[SUPPLIED RECORDS Boundary: Start]

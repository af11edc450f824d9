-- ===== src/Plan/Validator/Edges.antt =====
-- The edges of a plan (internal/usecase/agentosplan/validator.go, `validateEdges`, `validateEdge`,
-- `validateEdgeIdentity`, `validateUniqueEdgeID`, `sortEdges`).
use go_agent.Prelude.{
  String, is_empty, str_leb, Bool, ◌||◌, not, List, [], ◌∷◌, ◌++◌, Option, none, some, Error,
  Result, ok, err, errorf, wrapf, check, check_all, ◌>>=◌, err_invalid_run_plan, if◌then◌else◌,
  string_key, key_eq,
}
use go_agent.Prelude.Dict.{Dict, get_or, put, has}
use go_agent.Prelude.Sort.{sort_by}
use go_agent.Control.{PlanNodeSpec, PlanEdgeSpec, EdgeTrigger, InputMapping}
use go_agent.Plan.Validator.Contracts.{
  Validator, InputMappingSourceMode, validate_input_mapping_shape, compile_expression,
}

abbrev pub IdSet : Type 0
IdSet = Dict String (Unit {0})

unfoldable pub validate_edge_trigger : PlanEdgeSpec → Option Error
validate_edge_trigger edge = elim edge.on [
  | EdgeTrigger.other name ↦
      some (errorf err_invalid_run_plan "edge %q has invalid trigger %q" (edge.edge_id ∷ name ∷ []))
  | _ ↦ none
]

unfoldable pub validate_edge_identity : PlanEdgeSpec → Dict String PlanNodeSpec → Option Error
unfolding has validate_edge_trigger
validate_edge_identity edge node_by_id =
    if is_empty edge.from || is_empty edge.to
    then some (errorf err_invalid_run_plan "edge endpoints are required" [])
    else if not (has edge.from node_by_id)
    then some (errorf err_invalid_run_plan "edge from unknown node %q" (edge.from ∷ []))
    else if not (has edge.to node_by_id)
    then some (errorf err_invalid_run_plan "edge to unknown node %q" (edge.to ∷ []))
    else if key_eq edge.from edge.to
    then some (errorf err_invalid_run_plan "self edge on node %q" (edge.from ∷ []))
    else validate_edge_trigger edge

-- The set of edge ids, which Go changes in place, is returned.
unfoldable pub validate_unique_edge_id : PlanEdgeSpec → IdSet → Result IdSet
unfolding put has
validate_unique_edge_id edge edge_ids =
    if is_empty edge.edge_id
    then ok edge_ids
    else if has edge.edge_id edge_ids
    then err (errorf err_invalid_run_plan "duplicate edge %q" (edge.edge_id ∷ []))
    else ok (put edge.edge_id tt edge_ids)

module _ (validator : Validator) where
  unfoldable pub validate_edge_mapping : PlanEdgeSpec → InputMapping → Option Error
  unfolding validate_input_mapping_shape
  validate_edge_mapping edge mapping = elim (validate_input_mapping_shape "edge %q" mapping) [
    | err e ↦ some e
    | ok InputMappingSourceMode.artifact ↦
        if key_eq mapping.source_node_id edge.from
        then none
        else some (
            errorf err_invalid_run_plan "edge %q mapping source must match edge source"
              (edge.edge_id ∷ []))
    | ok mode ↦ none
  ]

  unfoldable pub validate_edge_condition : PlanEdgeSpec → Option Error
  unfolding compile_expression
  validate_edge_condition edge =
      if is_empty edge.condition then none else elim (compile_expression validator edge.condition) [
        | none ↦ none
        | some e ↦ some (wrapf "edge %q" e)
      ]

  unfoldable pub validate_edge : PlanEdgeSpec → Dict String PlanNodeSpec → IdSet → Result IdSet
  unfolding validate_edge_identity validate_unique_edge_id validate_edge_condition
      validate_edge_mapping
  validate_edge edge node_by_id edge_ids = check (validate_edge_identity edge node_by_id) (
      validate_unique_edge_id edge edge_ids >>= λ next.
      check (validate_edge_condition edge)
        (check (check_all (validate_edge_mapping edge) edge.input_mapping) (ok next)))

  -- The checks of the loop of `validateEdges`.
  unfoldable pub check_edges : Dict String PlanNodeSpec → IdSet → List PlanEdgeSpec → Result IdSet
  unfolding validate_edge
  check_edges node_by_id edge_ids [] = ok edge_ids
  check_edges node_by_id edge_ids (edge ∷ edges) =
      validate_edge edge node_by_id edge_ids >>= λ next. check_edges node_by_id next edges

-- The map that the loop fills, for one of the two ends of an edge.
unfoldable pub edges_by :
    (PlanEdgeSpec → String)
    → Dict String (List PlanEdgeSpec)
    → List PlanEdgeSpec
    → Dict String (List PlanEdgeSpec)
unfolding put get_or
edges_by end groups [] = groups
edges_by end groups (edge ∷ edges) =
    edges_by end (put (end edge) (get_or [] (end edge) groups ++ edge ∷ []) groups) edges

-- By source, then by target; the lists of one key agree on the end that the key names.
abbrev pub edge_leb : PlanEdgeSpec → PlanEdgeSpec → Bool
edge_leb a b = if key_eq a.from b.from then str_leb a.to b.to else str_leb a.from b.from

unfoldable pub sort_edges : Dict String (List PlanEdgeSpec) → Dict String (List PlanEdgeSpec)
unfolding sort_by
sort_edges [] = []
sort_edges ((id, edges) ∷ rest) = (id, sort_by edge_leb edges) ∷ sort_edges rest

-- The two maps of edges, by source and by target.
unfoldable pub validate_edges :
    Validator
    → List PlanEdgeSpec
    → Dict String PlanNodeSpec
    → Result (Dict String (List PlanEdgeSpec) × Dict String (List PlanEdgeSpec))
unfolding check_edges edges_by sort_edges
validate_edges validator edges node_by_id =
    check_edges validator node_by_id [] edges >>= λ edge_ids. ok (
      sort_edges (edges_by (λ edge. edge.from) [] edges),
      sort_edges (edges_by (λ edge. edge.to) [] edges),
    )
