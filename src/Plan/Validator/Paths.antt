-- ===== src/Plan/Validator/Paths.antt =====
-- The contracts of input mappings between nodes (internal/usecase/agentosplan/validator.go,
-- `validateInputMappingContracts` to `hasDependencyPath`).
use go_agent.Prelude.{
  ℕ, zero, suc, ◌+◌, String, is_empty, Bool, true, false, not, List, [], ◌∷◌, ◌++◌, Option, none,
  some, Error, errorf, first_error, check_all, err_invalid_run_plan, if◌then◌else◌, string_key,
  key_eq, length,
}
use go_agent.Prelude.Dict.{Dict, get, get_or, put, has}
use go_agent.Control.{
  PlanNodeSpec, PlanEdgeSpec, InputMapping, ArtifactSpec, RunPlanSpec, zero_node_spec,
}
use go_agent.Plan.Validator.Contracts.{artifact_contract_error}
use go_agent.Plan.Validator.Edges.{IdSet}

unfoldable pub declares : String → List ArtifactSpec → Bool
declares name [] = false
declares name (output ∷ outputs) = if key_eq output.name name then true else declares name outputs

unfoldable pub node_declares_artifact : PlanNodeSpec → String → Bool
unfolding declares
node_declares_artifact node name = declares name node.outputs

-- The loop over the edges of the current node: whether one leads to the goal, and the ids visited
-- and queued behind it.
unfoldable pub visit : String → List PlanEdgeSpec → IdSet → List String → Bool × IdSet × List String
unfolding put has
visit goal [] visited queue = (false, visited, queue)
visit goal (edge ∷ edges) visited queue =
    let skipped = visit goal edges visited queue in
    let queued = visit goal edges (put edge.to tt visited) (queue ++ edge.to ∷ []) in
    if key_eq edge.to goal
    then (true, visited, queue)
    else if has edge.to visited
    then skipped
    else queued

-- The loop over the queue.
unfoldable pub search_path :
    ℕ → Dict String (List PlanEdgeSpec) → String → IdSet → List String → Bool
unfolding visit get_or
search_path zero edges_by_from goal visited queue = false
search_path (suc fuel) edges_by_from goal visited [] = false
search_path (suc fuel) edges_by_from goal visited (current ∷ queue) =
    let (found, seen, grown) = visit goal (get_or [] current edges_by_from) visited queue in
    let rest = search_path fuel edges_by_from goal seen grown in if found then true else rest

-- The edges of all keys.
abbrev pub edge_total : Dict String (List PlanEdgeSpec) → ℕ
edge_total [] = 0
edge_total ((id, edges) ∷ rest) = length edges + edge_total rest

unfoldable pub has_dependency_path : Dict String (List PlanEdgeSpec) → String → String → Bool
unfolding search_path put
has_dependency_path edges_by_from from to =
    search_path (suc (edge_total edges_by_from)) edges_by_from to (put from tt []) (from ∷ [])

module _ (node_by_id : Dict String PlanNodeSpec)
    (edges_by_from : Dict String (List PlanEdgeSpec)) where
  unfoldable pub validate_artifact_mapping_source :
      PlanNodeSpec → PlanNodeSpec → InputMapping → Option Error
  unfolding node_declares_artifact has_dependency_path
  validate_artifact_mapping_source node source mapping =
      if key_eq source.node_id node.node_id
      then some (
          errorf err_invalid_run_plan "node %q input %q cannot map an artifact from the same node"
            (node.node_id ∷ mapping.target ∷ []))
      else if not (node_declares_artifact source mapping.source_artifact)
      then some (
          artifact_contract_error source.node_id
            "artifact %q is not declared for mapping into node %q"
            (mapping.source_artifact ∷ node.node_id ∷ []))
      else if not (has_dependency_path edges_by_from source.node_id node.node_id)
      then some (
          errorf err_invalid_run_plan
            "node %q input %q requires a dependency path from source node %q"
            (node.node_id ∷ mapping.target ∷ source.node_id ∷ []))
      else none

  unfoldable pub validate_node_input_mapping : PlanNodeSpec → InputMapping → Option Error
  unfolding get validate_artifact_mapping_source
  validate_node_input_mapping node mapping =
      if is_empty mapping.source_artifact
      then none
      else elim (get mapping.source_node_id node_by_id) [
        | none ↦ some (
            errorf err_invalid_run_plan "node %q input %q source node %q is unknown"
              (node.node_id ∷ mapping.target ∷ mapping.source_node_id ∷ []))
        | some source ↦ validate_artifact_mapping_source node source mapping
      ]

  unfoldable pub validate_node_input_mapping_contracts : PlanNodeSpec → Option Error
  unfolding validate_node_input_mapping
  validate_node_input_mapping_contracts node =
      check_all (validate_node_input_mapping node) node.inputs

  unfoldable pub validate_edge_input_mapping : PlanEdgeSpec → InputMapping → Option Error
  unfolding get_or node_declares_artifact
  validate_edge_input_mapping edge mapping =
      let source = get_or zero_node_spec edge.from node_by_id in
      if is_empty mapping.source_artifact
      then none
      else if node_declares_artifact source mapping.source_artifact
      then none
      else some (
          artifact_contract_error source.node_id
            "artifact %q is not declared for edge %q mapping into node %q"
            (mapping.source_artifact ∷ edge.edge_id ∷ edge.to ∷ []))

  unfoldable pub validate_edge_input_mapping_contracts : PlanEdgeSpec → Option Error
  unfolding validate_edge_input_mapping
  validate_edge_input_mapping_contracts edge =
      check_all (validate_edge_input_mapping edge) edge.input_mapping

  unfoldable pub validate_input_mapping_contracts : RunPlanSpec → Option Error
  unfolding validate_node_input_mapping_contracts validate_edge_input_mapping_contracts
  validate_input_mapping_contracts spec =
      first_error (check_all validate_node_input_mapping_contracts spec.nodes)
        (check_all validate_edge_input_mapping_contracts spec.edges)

[SUPPLIED RECORDS Boundary: End]

--- EXERCISE PROMPT ---
Give the number of lines in the entries that contain the word "next", without any other words.

--- RESULT BELOW ---
3